_Your assignment_
From the first line of the entries below to the line with "abbrev pub tried", give each line again exactly.

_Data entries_
────────────────────
-- ===== src/Sweep/Groups.antt =====
-- The organisations of the due links: each link is in the group of exactly one of them.
use invoicing_platform.Prelude.{
  ℕ, ◌+◌, ◌≡◌, sym, inl, inr, refl, ap, Bool, true, false, Bool-cases, List, [], ◌∷◌, select,
  length, ◌==◌, ==_iff, arith, All, if◌then◌else◌,
}
use invoicing_platform.Prelude.Unique.{All-map}
use invoicing_platform.Database.{RowId, SyncLinkRow}
use invoicing_platform.Inbound.Body.{JsRuntime}
use invoicing_platform.Outbound.Builders.{JsOutput}
use invoicing_platform.Outbound.Effects.{QboClient}
use invoicing_platform.Sweep.Retry.{has_org, orgs_of}

-- How often an organisation is in a list.
abbrev occurrences : RowId → List RowId → ℕ
occurrences org [] = 0
occurrences org (o ∷ os) = (if org == o then 1 else 0) + occurrences org os

abbrev has_link : RowId → List SyncLinkRow → Bool
has_link org [] = false
has_link org (l ∷ ls) = if l.org_id == org then true else has_link org ls

-- The links that are tried: in each group, all or none.
abbrev pub group_size : (RowId → Bool) → List SyncLinkRow → RowId → ℕ
group_size connected due org =
    if connected org then length (select (λ l. l.org_id == org) due) else 0

abbrev pub tried : (RowId → Bool) → List SyncLinkRow → List RowId → ℕ
tried connected due [] = 0
tried connected due (org ∷ orgs) = group_size connected due org + tried connected due orgs

==-sym : (a b : ℕ) → (a == b) ≡ (b == a)
==-sym a b = ground arith

module _ (connected : RowId → Bool) where
  tried-nil : (orgs : List RowId) → tried connected [] orgs ≡ 0
  tried-nil [] = refl
  tried-nil (org ∷ orgs) = elim (Bool-cases (connected org)) [
    | inl e ↦ rw e (omega (arith, tried-nil orgs))
    | inr e ↦ rw e (omega (arith, tried-nil orgs))
  ]

  -- What a link adds to the number of tries.
  abbrev weight : SyncLinkRow → ℕ → ℕ
  weight l n = if connected l.org_id then n else 0

  group_size-cons :
      (l : SyncLinkRow) (due : List SyncLinkRow) (org : RowId)
      → group_size connected (l ∷ due) org
        ≡ weight l (if l.org_id == org then 1 else 0) + group_size connected due org
  group_size-cons l due org = elim (Bool-cases (l.org_id == org)) [
    | inl e ↦
        let same : connected org ≡ connected l.org_id =
          ap connected (sym ((==_iff l.org_id org).0 e)) in
        elim (Bool-cases (connected l.org_id)) [
          | inl c ↦ rw (e, same, c) (omega arith)
          | inr c ↦ rw (e, same, c) (omega arith)
        ]
    | inr e ↦ elim (Bool-cases (connected l.org_id)) [
      | inl c ↦ rw (e, c) (omega arith)
      | inr c ↦ rw (e, c) (omega arith)
    ]
  ]

  tried-cons :
      (l : SyncLinkRow) (due : List SyncLinkRow) (orgs : List RowId)
      → tried connected (l ∷ due) orgs
        ≡ weight l (occurrences l.org_id orgs) + tried connected due orgs
  tried-cons l due [] = ground arith
  tried-cons l due (org ∷ orgs) =
      let first = group_size-cons l due org in
      let rest = tried-cons l due orgs in
      elim (Bool-cases (connected l.org_id)) [
        | inl c ↦ let first' = rw c at first in let rest' = rw c at rest in rw c (omega arith)
        | inr c ↦ let first' = rw c at first in let rest' = rw c at rest in rw c (omega arith)
      ]

  each_once :
      (due : List SyncLinkRow) (orgs : List RowId)
      → All (λ l. occurrences l.org_id orgs ≡ 1) due
      → tried connected due orgs ≡ length (select (λ l. connected l.org_id) due)
  each_once [] orgs h = tried-nil orgs
  each_once (l ∷ due) orgs h =
      let rest = each_once due orgs h.1 in
      let step = tried-cons l due orgs in
      elim (Bool-cases (connected l.org_id)) [
        | inl c ↦ let step' = rw c at step in rw c (omega (arith, h.0))
        | inr c ↦ let step' = rw c at step in rw c (omega (arith, h.0))
      ]

more :
    (l : SyncLinkRow) (org : RowId) (ls : List SyncLinkRow)
    → has_link org ls ≡ true
    → has_link org (l ∷ ls) ≡ true
more l org ls k = elim (Bool-cases (l.org_id == org)) [ inl e ↦ rw e refl | inr e ↦ rw e k ]

module _ (js : JsRuntime) (out : JsOutput) (q : QboClient) where
  seen-occurrences :
      (org : RowId) (seen : List RowId) (ls : List SyncLinkRow)
      → has_org js out q org seen ≡ true
      → occurrences org (orgs_of js out q seen ls) ≡ 0
  seen-occurrences org seen [] h = refl
  seen-occurrences org seen (l ∷ ls) h = elim (Bool-cases (has_org js out q l.org_id seen)) [
    | inl e ↦ rw e (seen-occurrences org seen ls h)
    | inr e ↦ elim (Bool-cases (org == l.org_id)) [
      | inl same ↦ absurd (cc (rw (sym ((==_iff org l.org_id).0 same)) at e, h))
      | inr differs ↦
          rw (e, differs)
            (omega (
              arith,
              seen-occurrences org (l.org_id ∷ seen) ls (rw (==-sym l.org_id org, differs) h),
            ))
    ]
  ]

  new-occurrences :
      (org : RowId) (seen : List RowId) (ls : List SyncLinkRow)
      → has_org js out q org seen ≡ false
      → has_link org ls ≡ true
      → occurrences org (orgs_of js out q seen ls) ≡ 1
  new-occurrences org seen [] h k = absurd (cc)
  new-occurrences org seen (l ∷ ls) h k = elim (Bool-cases (l.org_id == org)) [
    | inl same ↦
        let e = (==_iff l.org_id org).0 same in
        rw (e, h, (==_iff org org).1 refl)
          (omega (arith, seen-occurrences org (org ∷ seen) ls (rw ((==_iff org org).1 refl) refl)))
    | inr differs ↦ elim (Bool-cases (has_org js out q l.org_id seen)) [
      | inl e ↦ rw e (new-occurrences org seen ls h (rw differs at k))
      | inr e ↦
          rw (e, ==-sym org l.org_id, differs)
            (omega
              (arith, new-occurrences org (l.org_id ∷ seen) ls (rw differs h) (rw differs at k)))
    ]
  ]

  -- The groups hold each link once.
  pub tried-all :
      (connected : RowId → Bool) (due : List SyncLinkRow)
      → tried connected due (orgs_of js out q [] due)
        ≡ length (select (λ l. connected l.org_id) due)
  tried-all connected due =
      each_once connected due (orgs_of js out q [] due)
        (All-map due (λ l h. new-occurrences l.org_id [] due refl h) (own due (λ org h. h)))
    where
      own :
          (ls : List SyncLinkRow)
          → ((org : RowId) → has_link org ls ≡ true → has_link org due ≡ true)
          → All (λ l. has_link l.org_id due ≡ true) ls
      own [] h = tt
      own (l ∷ ls) h = (
        h l.org_id (rw ((==_iff l.org_id l.org_id).1 refl) refl),
        own ls (λ org k. h org (more l org ls k)),
      )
────────────────────
_Solution for this task_
-- ===== src/Sweep/Groups.antt =====
-- The organisations of the due links: each link is in the group of exactly one of them.
use invoicing_platform.Prelude.{
  ℕ, ◌+◌, ◌≡◌, sym, inl, inr, refl, ap, Bool, true, false, Bool-cases, List, [], ◌∷◌, select,
  length, ◌==◌, ==_iff, arith, All, if◌then◌else◌,
}
use invoicing_platform.Prelude.Unique.{All-map}
use invoicing_platform.Database.{RowId, SyncLinkRow}
use invoicing_platform.Inbound.Body.{JsRuntime}
use invoicing_platform.Outbound.Builders.{JsOutput}
use invoicing_platform.Outbound.Effects.{QboClient}
use invoicing_platform.Sweep.Retry.{has_org, orgs_of}

-- How often an organisation is in a list.
abbrev occurrences : RowId → List RowId → ℕ
occurrences org [] = 0
occurrences org (o ∷ os) = (if org == o then 1 else 0) + occurrences org os

abbrev has_link : RowId → List SyncLinkRow → Bool
has_link org [] = false
has_link org (l ∷ ls) = if l.org_id == org then true else has_link org ls

-- The links that are tried: in each group, all or none.
abbrev pub group_size : (RowId → Bool) → List SyncLinkRow → RowId → ℕ
group_size connected due org =
    if connected org then length (select (λ l. l.org_id == org) due) else 0

abbrev pub tried : (RowId → Bool) → List SyncLinkRow → List RowId → ℕ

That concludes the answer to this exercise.